• ACTION ITEM: From the line containing "acts = refl" down to the line containing "attempts) ≡ []))" in the records below, reproduce every line exactly, ends included, and omit all others.

• GIVEN DATA:
┏━━
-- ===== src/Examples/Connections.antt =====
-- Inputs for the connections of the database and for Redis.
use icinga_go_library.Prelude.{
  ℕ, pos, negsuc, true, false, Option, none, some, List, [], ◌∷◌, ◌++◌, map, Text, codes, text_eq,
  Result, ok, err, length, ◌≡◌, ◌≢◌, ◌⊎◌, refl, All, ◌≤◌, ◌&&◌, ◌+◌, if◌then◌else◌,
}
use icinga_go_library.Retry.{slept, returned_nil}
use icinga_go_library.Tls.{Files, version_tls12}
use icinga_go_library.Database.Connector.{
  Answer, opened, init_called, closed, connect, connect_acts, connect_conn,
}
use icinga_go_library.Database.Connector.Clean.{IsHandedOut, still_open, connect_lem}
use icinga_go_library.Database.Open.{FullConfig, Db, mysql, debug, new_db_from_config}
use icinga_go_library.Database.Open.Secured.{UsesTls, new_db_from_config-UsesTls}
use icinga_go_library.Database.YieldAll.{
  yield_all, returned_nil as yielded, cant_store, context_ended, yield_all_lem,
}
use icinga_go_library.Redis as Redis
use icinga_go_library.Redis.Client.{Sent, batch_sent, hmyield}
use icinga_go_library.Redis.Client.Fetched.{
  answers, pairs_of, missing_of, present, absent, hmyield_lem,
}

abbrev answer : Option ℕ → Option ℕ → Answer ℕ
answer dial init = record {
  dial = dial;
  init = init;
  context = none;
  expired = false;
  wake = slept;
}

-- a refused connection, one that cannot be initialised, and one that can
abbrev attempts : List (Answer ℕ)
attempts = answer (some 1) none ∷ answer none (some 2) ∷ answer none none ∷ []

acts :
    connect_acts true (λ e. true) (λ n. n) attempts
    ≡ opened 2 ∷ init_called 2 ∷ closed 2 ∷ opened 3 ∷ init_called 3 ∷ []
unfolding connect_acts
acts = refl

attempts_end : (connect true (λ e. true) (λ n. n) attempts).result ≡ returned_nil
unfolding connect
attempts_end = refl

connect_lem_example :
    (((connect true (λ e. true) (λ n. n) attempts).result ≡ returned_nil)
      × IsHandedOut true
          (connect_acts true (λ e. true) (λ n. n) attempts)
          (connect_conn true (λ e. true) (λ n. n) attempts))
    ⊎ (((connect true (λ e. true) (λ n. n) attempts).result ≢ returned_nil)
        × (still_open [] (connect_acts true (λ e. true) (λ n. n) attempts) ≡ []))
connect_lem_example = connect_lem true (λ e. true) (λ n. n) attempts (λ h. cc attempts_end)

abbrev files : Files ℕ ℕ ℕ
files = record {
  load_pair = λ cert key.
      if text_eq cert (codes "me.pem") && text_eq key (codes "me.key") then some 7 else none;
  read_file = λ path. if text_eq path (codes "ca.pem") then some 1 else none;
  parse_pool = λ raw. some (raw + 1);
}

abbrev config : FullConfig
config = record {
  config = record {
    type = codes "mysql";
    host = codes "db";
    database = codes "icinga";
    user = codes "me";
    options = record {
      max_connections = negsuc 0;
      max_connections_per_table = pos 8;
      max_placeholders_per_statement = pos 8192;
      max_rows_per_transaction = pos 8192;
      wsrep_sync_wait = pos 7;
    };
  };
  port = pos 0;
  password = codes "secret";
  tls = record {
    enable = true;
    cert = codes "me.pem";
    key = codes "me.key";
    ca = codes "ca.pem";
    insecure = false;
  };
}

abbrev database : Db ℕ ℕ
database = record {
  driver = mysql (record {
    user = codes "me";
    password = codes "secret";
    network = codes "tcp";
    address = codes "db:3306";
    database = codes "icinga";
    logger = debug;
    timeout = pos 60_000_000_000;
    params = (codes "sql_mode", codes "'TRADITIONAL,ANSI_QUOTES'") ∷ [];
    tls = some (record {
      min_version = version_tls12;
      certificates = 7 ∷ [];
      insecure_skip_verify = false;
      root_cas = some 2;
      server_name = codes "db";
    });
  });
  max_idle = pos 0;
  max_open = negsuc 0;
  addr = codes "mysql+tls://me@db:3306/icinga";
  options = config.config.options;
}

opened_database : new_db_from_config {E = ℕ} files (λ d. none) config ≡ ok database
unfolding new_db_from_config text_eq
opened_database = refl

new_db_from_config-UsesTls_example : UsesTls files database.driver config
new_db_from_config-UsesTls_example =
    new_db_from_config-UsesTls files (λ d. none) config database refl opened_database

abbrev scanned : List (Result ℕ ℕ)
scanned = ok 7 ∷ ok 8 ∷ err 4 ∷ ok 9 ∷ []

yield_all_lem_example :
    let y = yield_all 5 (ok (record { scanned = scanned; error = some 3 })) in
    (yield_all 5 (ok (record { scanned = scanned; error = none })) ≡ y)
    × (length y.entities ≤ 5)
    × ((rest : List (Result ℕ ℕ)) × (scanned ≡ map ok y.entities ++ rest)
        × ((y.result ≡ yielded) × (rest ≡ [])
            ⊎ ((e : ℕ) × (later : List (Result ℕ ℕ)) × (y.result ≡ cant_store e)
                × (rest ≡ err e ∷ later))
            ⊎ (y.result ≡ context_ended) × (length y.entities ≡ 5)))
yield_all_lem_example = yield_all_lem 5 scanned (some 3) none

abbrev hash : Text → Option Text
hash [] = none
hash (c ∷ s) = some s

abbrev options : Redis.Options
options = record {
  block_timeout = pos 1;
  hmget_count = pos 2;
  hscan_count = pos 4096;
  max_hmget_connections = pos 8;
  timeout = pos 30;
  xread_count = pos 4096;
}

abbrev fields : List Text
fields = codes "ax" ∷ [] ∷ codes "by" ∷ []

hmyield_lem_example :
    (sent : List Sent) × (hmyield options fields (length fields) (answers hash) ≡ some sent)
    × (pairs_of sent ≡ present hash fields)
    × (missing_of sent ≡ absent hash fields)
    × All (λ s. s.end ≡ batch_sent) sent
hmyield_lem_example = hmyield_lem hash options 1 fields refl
┗━━
• EXERCISE RESULT:
acts = refl

attempts_end : (connect true (λ e. true) (λ n. n) attempts).result ≡ returned_nil
unfolding connect
attempts_end = refl

connect_lem_example :
    (((connect true (λ e. true) (λ n. n) attempts).result ≡ returned_nil)
      × IsHandedOut true
          (connect_acts true (λ e. true) (λ n. n) attempts)
          (connect_conn true (λ e. true) (λ n. n) attempts))
    ⊎ (((connect true (λ e. true) (λ n. n) attempts).result ≢ returned_nil)
        × (still_open [] (connect_acts true (λ e. true) (λ n. n) attempts) ≡ []))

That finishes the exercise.